Exercise prompt >>
The response should hold each line from the entries below where "Configstore" is found.

[Stored entries]
BEGIN

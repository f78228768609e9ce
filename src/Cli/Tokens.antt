-- ===== src/Cli/Tokens.antt =====
-- A token that deploy-token has deployed is found by its name in the next run of the tool.
use rainbow_bridge_cli.Base.{
  String, ◌<>◌, ◌≡◌, refl, ◌∙◌, ◌===◌, false, some, [], ◌∷◌, Option, eq_iff, List,
}
use rainbow_bridge_cli.Base.Dict
use rainbow_bridge_cli.Base.Io.{ok, Io}
use rainbow_bridge_cli.Config.{
  OptionValue, text, config, Param, keep_values, get_param, RainbowConfig, Configstore, ChangeCase,
  maybe_get_param, set_params, set_param, save_config,
}
use rainbow_bridge_cli.Config.Saved.{KeepsEntries, Distinct, Defined, restart, restart-save_config}
use rainbow_bridge_cli.Cli.{Target, deploy_token, deploy}
use rainbow_bridge_cli.Cli.Args.{
  Args, spread, without, named, eth_address, near_account, token_values, look_up, bind_token,
}
use rainbow_bridge_cli.Cli.Handlers.{handle, action}
use rainbow_bridge_cli.TokenFactory.{TokenInfo}

-- The object that DeployToken.execute returns.
abbrev pub info_values : TokenInfo → Args
info_values i =
    ("nearTokenFactorySk", some (text i.near_token_factory_sk))
    ∷ ("nearTokenAccount", some (text i.near_token_account))
    ∷ ("ethTokenAddress", some (text i.eth_token_address))
    ∷ []

-- How change-case spells the options of a token, and that they differ from the factory's key.
pub record TokenNames (cases : ChangeCase) (capital_case : String → String) (token : String)
    : Type 0 where
  pub account : cases.param_case ("near" <> (capital_case token <> "Account")) ≡ near_account token
  pub address : cases.param_case ("eth" <> (capital_case token <> "Address")) ≡ eth_address token
  pub secret : cases.param_case "nearTokenFactorySk" ≡ "near-token-factory-sk"
  pub account_key : (("near" <> (capital_case token <> "Account")) === "nearTokenFactorySk") ≡ false
  pub address_key : (("eth" <> (capital_case token <> "Address")) === "nearTokenFactorySk") ≡ false
  pub account_apart : ("near-token-factory-sk" === near_account token) ≡ false
  pub address_apart : ("near-token-factory-sk" === eth_address token) ≡ false
  pub pair_apart : (eth_address token === near_account token) ≡ false

abbrev kept : OptionValue → Param
kept v = record { value = some v; param_type = config }

module _ (cases : ChangeCase) (capital_case : String → String) (token : String) (address : String)
    (info : TokenInfo) (names : TokenNames cases capital_case token) where
  abbrev values : Args
  values = token_values capital_case token address (info_values info)

  -- The values of the command in the order in which they are set.
  values_lem :
      values
      ≡ ("near" <> (capital_case token <> "Account"), some (text info.near_token_account))
        ∷ ("eth" <> (capital_case token <> "Address"), some (text address))
        ∷ ("nearTokenFactorySk", some (text info.near_token_factory_sk))
        ∷ []
  unfolding token_values spread without Dict.insert Dict.lookup
  values_lem = simp (names.account_key, names.address_key) refl

  module _ {S : Type 0} where
    account-kept :
        (c : RainbowConfig S)
        → Dict.lookup (near_account token) (set_params cases.param_case values c).param_values
          ≡ some (kept (text info.near_token_account))
    unfolding set_params set_param
    account-kept c =
        rw
          (
            values_lem,
            names.account,
            names.address,
            names.secret,
            Dict.lookup-insert "near-token-factory-sk" (near_account token),
            names.account_apart,
            Dict.lookup-insert (eth_address token) (near_account token),
            names.pair_apart,
            Dict.lookup-insert (near_account token) (near_account token),
            (eq_iff (near_account token) (near_account token)).1 refl,
          )
          refl

    address-kept :
        (c : RainbowConfig S)
        → Dict.lookup (eth_address token) (set_params cases.param_case values c).param_values
          ≡ some (kept (text address))
    unfolding set_params set_param
    address-kept c =
        rw
          (
            values_lem,
            names.account,
            names.address,
            names.secret,
            Dict.lookup-insert "near-token-factory-sk" (eth_address token),
            names.address_apart,
            Dict.lookup-insert (eth_address token) (eth_address token),
            (eq_iff (eth_address token) (eth_address token)).1 refl,
          )
          refl

  module _ {S E : Type 0} (store : Configstore S) (laws : KeepsEntries store)
      (run : Target → List String → Args → Io E (Option Args)) where
    -- The configuration that the command leaves.
    abbrev after_deploy : RainbowConfig S → RainbowConfig S
    after_deploy c = save_config store cases (set_params cases.param_case values c)

    action-deploys :
        (args : Args) (c : RainbowConfig S) (t u : List E)
        → run deploy_token []
            (spread (named ("tokenName" ∷ "ethTokenAddress" ∷ []) (token ∷ address ∷ [])) args)
            t
          ≡ (ok (some (info_values info)), u)
        → action store cases capital_case run deploy (token ∷ address ∷ []) args c t
          ≡ (ok (after_deploy c), u)
    unfolding action handle keep_values
    action-deploys args c t u h = rw (h, values_lem) refl

    -- A parameter that the command has set, in the next run.
    restarted :
        (name : String) (v : OptionValue) (c : RainbowConfig S)
        → Distinct cases.camel_case (set_params cases.param_case values c).param_values
        → Defined (set_params cases.param_case values c).param_values
        → Dict.lookup name (set_params cases.param_case values c).param_values ≡ some (kept v)
        → maybe_get_param store cases name (restart (after_deploy c)) ≡ some v
    unfolding maybe_get_param
    restarted name v c x y h =
        restart-save_config store cases laws name (kept v) v (set_params cases.param_case values c)
          x y h refl
        ∙ rw h refl

    -- If deploy-token has deployed a token, its name is not empty, change-case spells the token's
    -- options as they are read, and no two parameters have the same key in the file, then the tool's
    -- next run looks up exactly the account and the address of that token for a transfer by its name.
    pub deploy-bind_token :
        (args found : Args) (c : RainbowConfig S) (t u : List E)
        → (token === "") ≡ false
        → run deploy_token []
            (spread (named ("tokenName" ∷ "ethTokenAddress" ∷ []) (token ∷ address ∷ [])) args)
            t
          ≡ (ok (some (info_values info)), u)
        → Distinct cases.camel_case (set_params cases.param_case values c).param_values
        → Defined (set_params cases.param_case values c).param_values
        → (next : RainbowConfig S) × (action store cases capital_case run deploy
              (token ∷ address ∷ [])
              args
              c
              t
            ≡ (ok next, u))
          × (bind_token store cases token (restart next) found
              ≡ ok (
                  Dict.insert "nearErc20Account"
                    (some (text info.near_token_account))
                    (Dict.insert "ethErc20Address" (some (text address)) found)))
    unfolding bind_token look_up get_param
    deploy-bind_token args found c t u n h x y = (
      after_deploy c,
      action-deploys args c t u h,
      rw
          (
            n,
            restarted (eth_address token) (text address) c x y (address-kept c),
            restarted (near_account token) (text info.near_token_account) c x y (account-kept c),
          )
          refl,
    )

END

Response for this exercise >>
  OptionValue, text, config, Param, keep_values, get_param, RainbowConfig, Configstore, ChangeCase,
  module _ {S E : Type 0} (store : Configstore S) (laws : KeepsEntries store)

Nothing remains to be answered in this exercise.